Saturday, August 28, 2010

Why, despite my contempt for most seated judges, I like law for its own sake

Because every so often you get to ponder questions like this one: "Does Dressing Up as a Cop, Staging Fake Traffic Stops, Looking for Drugs, and then Keeping the Drugs Violate the Fourth Amendment?" I am inclined to agree with the professor (insofar as I understand him) that the judge had two rational options:

1. He could say that they were not state actors and therefore the Fourth Amendment charge was bogus.

2. He could say that they were state actors (by virtue of dressing up as state actors) and therefore treated them as such, meaning that the question of whether they violated the Fourth Amendment would have depended upon whether -- as they claim they did -- they followed appropriate procedures such as only stopping people for probable cause, etc.

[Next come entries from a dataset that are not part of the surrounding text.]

-- ===== src/TorchGeometric/Column.antt =====
-- One property of one label: the values that are kept, and when they become unconverted.
use ladybug_python.Base.{
  ℕ, Bool, true, false, ◌&&◌, not, Option, none, some, List, [], ◌∷◌, nat_eq, ◌==◌, if◌then◌else◌,
}
use ladybug_python.Outcome.{Result, ok, err, PyError, value_error}

-- The types that torch_geometric takes, and every other one.
pub data Kind : Type 0 where
  int64 double bool other : Kind

pub record PropertyInfo : Type 0 where
  pub kind : Kind
  pub dimension : ℕ
  pub is_primary_key : Bool

abbrev pub is_supported : Kind → Bool
is_supported other = false
is_supported _ = true

abbrev pub shape_beq : List ℕ → List ℕ → Bool
shape_beq [] [] = true
shape_beq (a ∷ s) (b ∷ t) = a == b && shape_beq s t
shape_beq _ _ = false

-- A value as it is, or in a tensor of some shape.
pub data Stored (V : Type 0) : Type 0 where
  plain : V → Stored V
  tensor : V → List ℕ → Stored V

abbrev pub shape_of : {V : Type 0} → Stored V → List ℕ
shape_of (plain v) = []
shape_of (tensor v s) = s

-- What the conversion uses of torch: whether a value is `None`, the shape of the tensor of a list, or
-- the error that is raised, and `tolist` of that tensor.
pub record Torch (V : Type 0) : Type 0 where
  pub is_none : V → Bool
  pub to_tensor : Kind → V → Result (List ℕ)
  pub to_list : V → V

-- `except ValueError`: every other error, such as the `TypeError` of a list with a `None`, is not caught.
abbrev pub uncaught : Result (List ℕ) → Option PyError
uncaught (ok s) = none
uncaught (err (value_error m)) = none
uncaught (err e) = some e

abbrev pub made_shape : Result (List ℕ) → Option (List ℕ)
made_shape (ok s) = some s
made_shape (err e) = none

module _ {V : Type 0} where
  -- The error that ends the loop at a value, where one does.
  unfoldable pub tensor_error : Torch V → PropertyInfo → V → Option PyError
  tensor_error torch info v =
      if not (is_supported info.kind)
      then none
      else if torch.is_none v
      then none
      else if info.dimension == 0
      then none
      else uncaught (torch.to_tensor info.kind v)

  -- The shape agrees with that of the first value of the column, if there is one.
  abbrev pub fits : List ℕ → Option (List (Stored V)) → Bool
  fits s none = true
  fits s (some []) = true
  fits s (some (x ∷ xs)) = shape_beq s (shape_of x)

  abbrev pub checked : V → Option (List ℕ) → Option (List (Stored V)) → Option (Stored V)
  checked v none col = none
  checked v (some s) col = if fits s col then some (tensor v s) else none

  -- The checks on a value that raises no other error; `none` where the property becomes unconverted.
  unfoldable pub convert_one :
      Torch V → PropertyInfo → V → Option (List (Stored V)) → Option (Stored V)
  convert_one torch info v col =
      if not (is_supported info.kind)
      then none
      else if torch.is_none v
      then none
      else if info.dimension == 0
      then some (plain v)
      else checked v (made_shape (torch.to_tensor info.kind v)) col

  -- What goes back into an unconverted column.
  abbrev pub given_back : Torch V → List (Stored V) → List V
  given_back torch [] = []
  given_back torch (plain v ∷ xs) = v ∷ given_back torch xs
  given_back torch (tensor v s ∷ xs) = torch.to_list v ∷ given_back torch xs
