-- ===== src/TorchGeometric.antt =====
-- src_py/torch_geometric_result_converter.py, `TorchGeometricResultConverter`: the nodes and edges of
-- a result, column by column. Values and tensors are parameters; warnings are left out.
pub mod Tables
pub mod Column
pub mod Nodes
pub mod Edges
pub mod Views
pub mod Aligned
mod Tests
use ladybug_python.Base.{
  ℕ, suc, ◌+◌, Bool, true, false, ◌&&◌, ◌||◌, not, Option, none, some, List, [], ◌∷◌, ◌++◌, length,
  nat_eq, pair_eq, ◌==◌, if◌then◌else◌, map,
}
use ladybug_python.Dict.{Dict}
use ladybug_python.Text.{Text, text_eq}
use Tables.{Table}
use Column.{Stored}

-- An internal id: the table and the offset.
abbrev pub NodeId : Type 0
NodeId = ℕ × ℕ

-- The source and the destination of a rel, by which `rels` is keyed.
abbrev pub Ends : Type 0
Ends = NodeId × NodeId

module _ (V : Type 0) where
  pub record Node : Type 0 where
    pub id : NodeId
    pub label : Text
    pub props : Dict Text V

  pub record Rel : Type 0 where
    pub ends : Ends
    pub props : Dict Text V

  -- A cell of a column of nodes, of one of rels, or `None` in either.
  pub data Cell : Type 0 where
    node : Node → Cell
    rel : Rel → Cell
    empty : Cell

  -- `nodes_dict` and `unconverted_properties`
  pub record Columns : Type 0 where
    pub nodes : Table (Stored V)
    pub unconverted : Table V

  -- The other attributes of the converter, in their order.
  pub record Converter : Type 0 where
    pub columns : Columns
    pub edges : Table (Option ℕ × Option ℕ)
    pub edges_properties : Dict (Text × Text) (Dict Text (List V))
    pub rels : Dict Ends Rel
    pub table_to_label : Dict ℕ Text
    pub id_to_pos : Dict NodeId (Option ℕ)
    pub primary_keys : Dict Text (Dict (Option ℕ) V)

  abbrev pub empty_converter : Converter
  empty_converter = record {
    columns = record { nodes = []; unconverted = [] };
    edges = [];
    edges_properties = [];
    rels = [];
    table_to_label = [];
    id_to_pos = [];
    primary_keys = [];
  }
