-- ===== src/TorchGeometric/Nodes.antt =====
-- src_py/torch_geometric_result_converter.py: the loop over the rows of the result.
use ladybug_python.Base.{
  ℕ, Bool, true, false, Option, none, some, List, [], ◌∷◌, ◌++◌, length, nat_eq, option_eq, pair_eq,
  if◌then◌else◌,
}
use ladybug_python.Outcome.{
  ok, err, PyError, key_error, name_error, type_error, Exec, pure, raise, gets, modify, ◌>>=◌, ◌>>◌,
}
use ladybug_python.Dict.{Dict, lookup, insert, contains}
use ladybug_python.Text.{Text, text_eq}
use ladybug_python.TorchGeometric.{Node, Cell, node, rel, empty, Columns, Converter}
use ladybug_python.TorchGeometric.Tables.{column, put_column, drop_column}
use ladybug_python.TorchGeometric.Column.{
  PropertyInfo, Stored, Torch, convert_one, tensor_error, given_back,
}

-- `_get_node_property_names` of a label, which is asked for once and kept.
abbrev pub Schema : Type 0
Schema = List (Text × PropertyInfo)

abbrev pub found_or {ℓ} : {A : Type ℓ} → Option (List A) → List A
found_or none = []
found_or (some xs) = xs

module _ {V : Type 0} (torch : Torch V) where
  -- `__mark_property_unconverted`
  unfoldable pub mark_unconverted : Text → Text → Columns V → Columns V
  unfolding column put_column drop_column
  mark_unconverted l p c = elim (column l p c.unconverted) [
    | some xs ↦ c
    | none ↦ elim (column l p c.nodes) [
      | some xs ↦ record c {
        nodes = drop_column l p c.nodes;
        unconverted = put_column l p (given_back torch xs) c.unconverted;
      }
      | none ↦ record c { unconverted = put_column l p [] c.unconverted }
    ]
  ]

  -- `__add_unconverted_property`: the position of the value, and the columns with it.
  unfoldable pub add_unconverted : Text → Text → V → Columns V → ℕ × Columns V
  unfolding column put_column
  add_unconverted l p v c =
      let xs = found_or (column l p c.unconverted) in
      (length xs, record c { unconverted = put_column l p (xs ++ v ∷ []) c.unconverted })

  unfoldable pub add_converted : Text → Text → Stored V → Columns V → ℕ × Columns V
  unfolding column put_column
  add_converted l p x c =
      let xs = found_or (column l p c.nodes) in
      (length xs, record c { nodes = put_column l p (xs ++ x ∷ []) c.nodes })

  -- The body of the loop over the properties.
  unfoldable pub extract_one : Text → Text → PropertyInfo → V → Columns V → ℕ × Columns V
  unfolding column convert_one mark_unconverted add_unconverted add_converted
  extract_one l p info v c = elim (column l p c.unconverted) [
    | some xs ↦ add_unconverted l p v c
    | none ↦ elim (convert_one torch info v (column l p c.nodes)) [
      | none ↦ add_unconverted l p v (mark_unconverted l p c)
      | some x ↦ add_converted l p x c
    ]
  ]

  -- The error of a value whose column is not unconverted yet.
  abbrev pub error_of : Text → Text → PropertyInfo → V → Columns V → Option PyError
  error_of l p info v c = elim (column l p c.unconverted) [
    | some xs ↦ none
    | none ↦ tensor_error torch info v
  ]

  -- The loop, with `pos` and `primary_key`: a key that was never set is an `UnboundLocalError`.
  unfoldable pub extract_each :
      Text → Dict Text V → Schema → Option ℕ → Option V → Exec (Columns V) (Option ℕ × V)
  unfolding lookup extract_one column tensor_error
  extract_each l props [] pos none c = (err (name_error "primary_key"), c)
  extract_each l props [] pos (some key) c = (ok (pos, key), c)
  extract_each l props ((p, info) ∷ ps) pos key c = elim (lookup p props) [
    | none ↦ (err (key_error "property"), c)
    | some v ↦
        let (i, c') = extract_one l p info v c in
        elim (error_of l p info v c) [
          | some e ↦ (err e, c)
          | none ↦ extract_each l props ps (some i) (if info.is_primary_key then some v else key) c'
        ]
  ]

  -- `__extract_properties_from_node`
  unfoldable pub extract_node : Schema → Node V → Exec (Converter V) (Option ℕ × V)
  unfolding extract_each
  extract_node ps n s =
      let (r, c) = extract_each n.label n.props ps none none s.columns in
      (r, record s { columns = c })

  abbrev pub keys_of : Option (Dict (Option ℕ) V) → Dict (Option ℕ) V
  keys_of none = []
  keys_of (some d) = d

  -- What is kept of a node that is new, under its id and its label.
  unfoldable pub place : Node V → Option ℕ × V → Converter V → Converter V
  unfolding insert lookup
  place n (pos, key) s = record s {
    id_to_pos = insert n.id pos s.id_to_pos;
    primary_keys =
        insert n.label (insert pos key (keys_of (lookup n.label s.primary_keys))) s.primary_keys;
  }

  module _ (schema : Text → Schema) where
    abbrev pub unless_seen : Bool → Node V → Exec (Converter V) Unit
    unless_seen true n = pure tt
    unless_seen false n = do found ← extract_node (schema n.label) n; modify (place n found)

    -- A node of a row.
    unfoldable pub visit_node : Node V → Exec (Converter V) Unit
    unfolding insert contains extract_node place
    visit_node n = do
      modify (λ s. record s { table_to_label = insert n.id.0 n.label s.table_to_label })
      seen ← gets (λ s. contains n.id s.id_to_pos)
      unless_seen seen n

    -- A cell of a row: `None["_LABEL"]` is a `TypeError`.
    unfoldable pub visit : Cell V → Exec (Converter V) Unit
    unfolding visit_node insert
    visit (node n) = visit_node n
    visit (rel r) = modify (λ s. record s { rels = insert r.ends r s.rels })
    visit empty = raise (type_error "NoneType")

    -- `__populate_nodes_dict_and_deduplicte_edges`
    unfoldable pub populate_nodes : List (Cell V) → Exec (Converter V) Unit
    unfolding visit
    populate_nodes [] = pure tt
    populate_nodes (c ∷ cs) = do visit c; populate_nodes cs
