-- ===== src/TorchGeometric/Views.antt =====
-- src_py/torch_geometric_result_converter.py: a column whatever dict it stands in.
use ladybug_python.Base.{
  ℕ, ◌≡◌, refl, ap, arith, Option, none, some, List, [], ◌∷◌, ◌++◌, length, nat_eq, if◌then◌else◌,
  Option-cases, inl, inr,
}
use ladybug_python.Text.{Text, text_eq, text_beq_iff}
use ladybug_python.TorchGeometric.{Columns}
use ladybug_python.TorchGeometric.Tables.{column, same, column-put_column, column-drop_column}
use ladybug_python.TorchGeometric.Column.{
  PropertyInfo, Stored, plain, tensor, Torch, convert_one, made_shape, checked, given_back,
}
use ladybug_python.TorchGeometric.Nodes.{
  found_or, mark_unconverted, add_unconverted, add_converted, extract_one,
}

module _ {V : Type 0} where
  -- The value of a node that a stored value was made from.
  abbrev pub raw : Stored V → V
  raw (plain v) = v
  raw (tensor v s) = v

module _ {V : Type 0} (norm : V → V) where
  abbrev pub norms : List V → List V
  norms [] = []
  norms (v ∷ vs) = norm v ∷ norms vs

  abbrev pub raws : List (Stored V) → List V
  raws [] = []
  raws (x ∷ xs) = norm (raw x) ∷ raws xs

  norms_snoc : (xs : List V) (v : V) → norms (xs ++ v ∷ []) ≡ norms xs ++ norm v ∷ []
  norms_snoc [] v = refl
  norms_snoc (x ∷ xs) v = rw (norms_snoc xs v)

  raws_snoc :
      (xs : List (Stored V)) (x : Stored V) → raws (xs ++ x ∷ []) ≡ raws xs ++ norm (raw x) ∷ []
  raws_snoc [] v = refl
  raws_snoc (x ∷ xs) v = rw (raws_snoc xs v)

  length-norms : (xs : List V) → length (norms xs) ≡ length xs
  length-norms [] = refl
  length-norms (x ∷ xs) = rw (length-norms xs)

  length-raws : (xs : List (Stored V)) → length (raws xs) ≡ length xs
  length-raws [] = refl
  length-raws (x ∷ xs) = rw (length-raws xs)

  raws-given_back :
      (torch : Torch V)
      → ((v : V) → norm (torch.to_list v) ≡ norm v)
      → (xs : List (Stored V)) → norms (given_back torch xs) ≡ raws xs
  raws-given_back torch law [] = refl
  raws-given_back torch law (plain v ∷ xs) = rw (raws-given_back torch law xs)
  raws-given_back torch law (tensor v s ∷ xs) = rw (law v, raws-given_back torch law xs)

  -- What is kept of one property of one label, converted or not.
  unfoldable pub view_of : Option (List V) → Option (List (Stored V)) → List V
  view_of (some xs) ys = norms xs
  view_of none ys = raws (found_or ys)

  unfoldable pub view : Text → Text → Columns V → List V
  unfolding view_of column
  view l p c = view_of (column l p c.unconverted) (column l p c.nodes)

raw-checked :
    {V : Type 0} (v : V) (s : Option (List ℕ)) (col : Option (List (Stored V))) (x : Stored V)
    → checked v s col ≡ some x
    → raw x ≡ v
raw-checked v none col x h = ground arith
raw-checked v (some s) col x h = ground arith

raw-convert_one :
    {V : Type 0} (torch : Torch V) (info : PropertyInfo) (v : V) (col : Option (List (Stored V)))
    (x : Stored V)
    → convert_one torch info v col ≡ some x
    → raw x ≡ v
unfolding convert_one
raw-convert_one torch info v col x h =
    ground (arith, raw-checked v (made_shape (torch.to_tensor info.kind v)) col x)

module _ {V : Type 0} (torch : Torch V) (norm : V → V) where
  norms-view :
      (l p : Text) (c : Columns V) (xs : List V)
      → column l p c.unconverted ≡ some xs
      → view norm l p c ≡ norms norm xs
  unfolding view view_of
  norms-view l p c xs h = rw h

  view-add_unconverted :
      (l p l' p' : Text) (v : V) (c : Columns V) (xs : List V)
      → column l p c.unconverted ≡ some xs
      → view norm l' p' (add_unconverted torch l p v c).1
        ≡ (if same l p l' p' then norms norm xs ++ norm v ∷ [] else view norm l' p' c)
  unfolding view view_of add_unconverted
  view-add_unconverted l p l' p' v c xs h =
      ground
        (arith, h, column-put_column l p l' p' (xs ++ v ∷ []) c.unconverted, norms_snoc norm xs v)

  view-add_converted :
      (l p l' p' : Text) (x : Stored V) (c : Columns V)
      → column l p c.unconverted ≡ none
      → view norm l' p' (add_converted torch l p x c).1
        ≡ (if same l p l' p' then view norm l p c ++ norm (raw x) ∷ [] else view norm l' p' c)
  unfolding view view_of add_converted
  view-add_converted l p l' p' x c h =
      let xs = found_or (column l p c.nodes) in
      ground (
        arith,
        h,
        column-put_column l p l' p' (xs ++ x ∷ []) c.nodes,
        raws_snoc norm xs x,
        text_beq_iff l l',
        text_beq_iff p p',
      )

  module _ (law : (v : V) → norm (torch.to_list v) ≡ norm v) where
    marked_column :
        (l p : Text) (c : Columns V)
        → column l p c.unconverted ≡ none
        → (xs : List V) × (column l p (mark_unconverted torch l p c).unconverted ≡ some xs)
          × (norms norm xs ≡ view norm l p c)
    unfolding mark_unconverted view view_of
    marked_column l p c h = elim (Option-cases (column l p c.nodes)) [
      | inl absent ↦ (
        [],
        ground (
          arith,
          h,
          absent,
          column-put_column l p l p [] c.unconverted,
          text_beq_iff l l,
          text_beq_iff p p,
        ),
        ground (arith, h, absent),
      )
      | inr (xs, present) ↦ (
        given_back torch xs,
        ground (
          arith,
          h,
          present,
          column-put_column l p l p (given_back torch xs) c.unconverted,
          text_beq_iff l l,
          text_beq_iff p p,
        ),
        ground (arith, h, present, raws-given_back norm torch law xs),
      )
    ]

    view-mark_unconverted :
        (l p l' p' : Text) (c : Columns V)
        → view norm l' p' (mark_unconverted torch l p c) ≡ view norm l' p' c
    unfolding mark_unconverted view view_of
    view-mark_unconverted l p l' p' c = elim (Option-cases (column l p c.unconverted)) [
      | inr (xs, present) ↦ ground (arith, present)
      | inl absent ↦ elim (Option-cases (column l p c.nodes)) [
        | inl missing ↦ ground (
          arith,
          absent,
          missing,
          column-put_column l p l' p' [] c.unconverted,
          text_beq_iff l l',
          text_beq_iff p p',
        )
        | inr (xs, present) ↦ ground (
          arith,
          absent,
          present,
          column-put_column l p l' p' (given_back torch xs) c.unconverted,
          column-drop_column l p l' p' c.nodes,
          raws-given_back norm torch law xs,
          text_beq_iff l l',
          text_beq_iff p p',
        )
      ]
    ]

    -- A property is read at the end of its column, and no other column changes.
    pub view-extract_one :
        (l p : Text) (info : PropertyInfo) (v : V) (c : Columns V) (l' p' : Text)
        → view norm l' p' (extract_one torch l p info v c).1
          ≡ (if same l p l' p' then view norm l p c ++ norm v ∷ [] else view norm l' p' c)
    unfolding extract_one
    view-extract_one l p info v c l' p' = elim (Option-cases (column l p c.unconverted)) [
      | inr (xs, present) ↦ ground (
        arith,
        present,
        view-add_unconverted l p l' p' v c xs present,
        norms-view l p c xs present,
      )
      | inl absent ↦ elim (Option-cases (convert_one torch info v (column l p c.nodes))) [
        | inr (x, made) ↦ ground (
          arith,
          absent,
          made,
          view-add_converted l p l' p' x c absent,
          raw-convert_one torch info v (column l p c.nodes) x made,
        )
        | inl bad ↦
            let c' = mark_unconverted torch l p c in
            let (xs, present, same_) = marked_column l p c absent in
            ground (
              arith,
              absent,
              bad,
              view-add_unconverted l p l' p' v c' xs present,
              same_,
              view-mark_unconverted l p l' p' c,
            )
      ]
    ]

    pub position-extract_one :
        (l p : Text) (info : PropertyInfo) (v : V) (c : Columns V)
        → (extract_one torch l p info v c).0 ≡ length (view norm l p c)
    unfolding extract_one add_unconverted add_converted view view_of
    position-extract_one l p info v c = elim (Option-cases (column l p c.unconverted)) [
      | inr (xs, present) ↦ ground (arith, present, length-norms norm xs)
      | inl absent ↦ elim (Option-cases (convert_one torch info v (column l p c.nodes))) [
        | inr (x, made) ↦
            ground (arith, absent, made, length-raws norm (found_or (column l p c.nodes)))
        | inl bad ↦
            let (xs, present, same_) = marked_column l p c absent in
            ground (arith, absent, bad, present, ap length same_, length-norms norm xs)
      ]
    ]
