-- ===== src/TorchGeometric/Aligned/Reading.antt =====
-- src_py/torch_geometric_result_converter.py, `__extract_properties_from_node`: one node that is new.
use ladybug_python.Base.{
  ℕ, ◌≡◌, refl, ap, ◌∙◌, arith, Bool, true, false, Option, none, some, List, [], ◌∷◌, ◌++◌, length,
  nat_eq, pair_eq, ◌==◌, ◌&&◌, ◌||◌, if◌then◌else◌, Option-cases, inl, inr,
}
use ladybug_python.Outcome.{ok}
use ladybug_python.Dict.{Dict, lookup, contains}
use ladybug_python.Dict.Unique.{IsUnique}
use ladybug_python.Text.{Text, text_eq, text_beq_iff}
use ladybug_python.TorchGeometric.{Columns}
use ladybug_python.TorchGeometric.Column.{Kind, PropertyInfo, Torch, uncaught, tensor_error}
use ladybug_python.TorchGeometric.Nodes.{Schema, error_of, extract_one, extract_each}
use ladybug_python.TorchGeometric.Tables.{column}
use ladybug_python.TorchGeometric.Views.{view, view-extract_one, position-extract_one}

abbrev pub has_key : Schema → Bool
has_key [] = false
has_key ((p, info) ∷ ps) = info.is_primary_key || has_key ps

abbrev pub is_set {ℓ} : {A : Type ℓ} → Option A → Bool
is_set none = false
is_set (some a) = true

abbrev pub position_after : Option ℕ → ℕ → Schema → Option ℕ
position_after pos n [] = pos
position_after pos n (p ∷ ps) = some n

position_some : (i n : ℕ) (ps : Schema) → i ≡ n → position_after (some i) n ps ≡ some n
position_some i n [] h = ap some h
position_some i n (p ∷ ps) h = refl

module _ {V : Type 0} where
  -- The properties of a schema are those of a node.
  unfoldable pub all_in : Schema → Dict Text V → Bool
  unfolding contains
  all_in [] props = true
  all_in ((p, info) ∷ ps) props = contains p props && all_in ps props

  abbrev pub value_list : (V → V) → Option V → List V
  value_list norm none = []
  value_list norm (some v) = norm v ∷ []

module _ {V : Type 0} (torch : Torch V) (norm : V → V)
    (law : (v : V) → norm (torch.to_list v) ≡ norm v)
    (caught : (k : Kind) (v : V) → uncaught (torch.to_tensor k v) ≡ none) where
  no_error :
      (l p : Text) (info : PropertyInfo) (v : V) (c : Columns V)
      → error_of torch l p info v c ≡ none
  unfolding tensor_error column
  no_error l p info v c = elim (Option-cases (column l p c.unconverted)) [
    | inl absent ↦ ground (arith, absent, caught info.kind v)
    | inr (xs, there) ↦ ground (arith, there)
  ]

  -- What is added to the columns when a node is read.
  abbrev pub Added : Text → Dict Text V → Schema → Columns V → Columns V → Type 0
  Added l props ps c c' =
      (l' p' : Text)
      → view norm l' p' c' ≡ (
          if l == l' && contains p' ps
          then view norm l' p' c ++ value_list norm (lookup p' props)
          else view norm l' p' c)

  pub extract_each_adds :
      (l : Text) (props : Dict Text V) (n : ℕ) (ps : Schema) (pos : Option ℕ) (key : Option V)
      (c : Columns V)
      → IsUnique ps
      → all_in ps props ≡ true
      → (is_set key || has_key ps) ≡ true
      → ((p : Text) → contains p ps ≡ true → length (view norm l p c) ≡ n)
      → (k : V) × (c' : Columns V) × (extract_each torch l props ps pos key c
          ≡ (ok (position_after pos n ps, k), c'))
        × Added l props ps c c'
  unfolding extract_each all_in contains lookup
  extract_each_adds l props n [] pos none c u all k even = absurd (ground arith)
  extract_each_adds l props n [] pos (some key) c u all k even =
      (key, c, refl, λ l' p'. ground arith)
  extract_each_adds l props n ((p, info) ∷ ps) pos key c (free, u) all k even =
      elim (Option-cases (lookup p props)) [
        | inl absent ↦ absurd (ground (arith, absent))
        | inr (v, there) ↦
            let c1 = (extract_one torch l p info v c).1 in
            let i = (extract_one torch l p info v c).0 in
            let key' = if info.is_primary_key then some v else key in
            let viewed = view-extract_one torch norm law l p info v c in
            let here_ : contains p ((p, info) ∷ ps) ≡ true = ground (arith, text_beq_iff p p) in
            let at_end : i ≡ n = position-extract_one torch norm law l p info v c ∙ even p here_ in
            let (k', c', run, added) =
              extract_each_adds l props n ps (some i) key' c1 u (ground (arith, there))
                (ground arith)
                (λ p' h. ground (arith, viewed l p', free, h, even p', text_beq_iff p p')) in
            (
              k',
              c',
              ground (arith, there, no_error l p info v c, run, position_some i n ps at_end),
              λ l' p'. ground (
                arith,
                added l' p',
                viewed l' p',
                there,
                free,
                text_beq_iff p p',
                text_beq_iff l l',
              ),
            )
      ]
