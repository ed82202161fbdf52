-- ===== src/TorchGeometric/Aligned/Distinct.antt =====
-- src_py/torch_geometric_result_converter.py: the distinct nodes of a result, with what their columns
-- and positions should be.
use ladybug_python.Base.{
  ℕ, suc, ◌≡◌, refl, arith, Bool, true, false, Option, none, some, List, [], ◌∷◌, ◌++◌, length,
  nat_eq, pair_eq, option_eq, ◌==◌, ◌&&◌, ◌||◌, if◌then◌else◌,
}
use ladybug_python.Dict.{Dict, lookup, insert, contains}
use ladybug_python.Text.{Text, text_eq, text_beq_iff}
use ladybug_python.TorchGeometric.{NodeId, Node, Cell, node, rel, empty}
use ladybug_python.TorchGeometric.Nodes.{Schema}
use ladybug_python.TorchGeometric.Aligned.Reading.{position_after, has_key, all_in, value_list}

abbrev pub is_in : NodeId → List NodeId → Bool
is_in i [] = false
is_in i (j ∷ js) = j == i || is_in i js

-- One more at one label.
abbrev pub bump : Text → (Text → ℕ) → Text → ℕ
bump l count l' = if l == l' then suc (count l') else count l'

module _ {V : Type 0} where
  -- The nodes of the cells, each where it comes first.
  unfoldable pub distinct : List NodeId → List (Cell V) → List (Node V)
  distinct seen [] = []
  distinct seen (node n ∷ cs) =
      let again = distinct seen cs in
      let first = n ∷ distinct (n.id ∷ seen) cs in if is_in n.id seen then again else first
  distinct seen (rel r ∷ cs) = distinct seen cs
  distinct seen (empty ∷ cs) = distinct seen cs

  -- Each node with its number among those of its label.
  unfoldable pub places : (Text → ℕ) → List (Node V) → Dict NodeId (Option ℕ)
  places count [] = []
  places count (n ∷ ns) = (n.id, some (count n.label)) ∷ places (bump n.label count) ns

  -- What the nodes of a label have at a property.
  unfoldable pub values_at : (V → V) → Text → Text → List (Node V) → List V
  unfolding lookup
  values_at norm l p [] = []
  values_at norm l p (n ∷ ns) =
      (if n.label == l then value_list norm (lookup p n.props) else []) ++ values_at norm l p ns

  -- No cell is `None`, and each node has the properties of its label, with a primary key.
  unfoldable pub all_complete : (Text → Schema) → List (Cell V) → Bool
  unfolding all_in
  all_complete schema [] = true
  all_complete schema (node n ∷ cs) =
      (has_key (schema n.label) && all_in (schema n.label) n.props) && all_complete schema cs
  all_complete schema (rel r ∷ cs) = all_complete schema cs
  all_complete schema (empty ∷ cs) = false

pub insert-end :
    (k : NodeId) (v : Option ℕ) (d : Dict NodeId (Option ℕ))
    → contains k d ≡ false
    → insert k v d ≡ d ++ (k, v) ∷ []
unfolding insert contains lookup
insert-end k v [] h = refl
insert-end k v ((j, w) ∷ d) h = ground (arith, insert-end k v d)

pub contains-end :
    (k i : NodeId) (v : Option ℕ) (d : Dict NodeId (Option ℕ))
    → contains i (d ++ (k, v) ∷ []) ≡ (k == i || contains i d)
unfolding contains lookup
contains-end k i v [] = ground arith
contains-end k i v ((j, w) ∷ d) = ground (arith, contains-end k i v d)

pub lookup-all_in :
    {V : Type 0} (ps : Schema) (props : Dict Text V) (p : Text)
    → all_in ps props ≡ true
    → contains p ps ≡ true
    → length (value_list (λ v. v) (lookup p props)) ≡ 1
unfolding all_in contains lookup
lookup-all_in [] props p all h = absurd (ground arith)
lookup-all_in ((q, info) ∷ ps) props p all h =
    ground (arith, all, h, text_beq_iff q p, lookup-all_in ps props p)

pub position_after-key :
    (n : ℕ) (ps : Schema) → has_key ps ≡ true → position_after none n ps ≡ some n
position_after-key n [] h = absurd (ground arith)
position_after-key n (p ∷ ps) h = refl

What he instead did, was to treat them as state actors (even though they, while they were certainly actors, they had no true affiliation whatsoever with the state) long enough to let them be indicted for that, and then switch gears and NOT treat them as state actors (that is, he applied rules to them that would not have been applied to real police officers) when the Fourth Amendment stuff came up. In other words, I'll say whatever I want to say in order to facilitate the prosecution, and logic be damned. Not an impressive performance, in my opinion...at least, not if the professor represents the law correctly.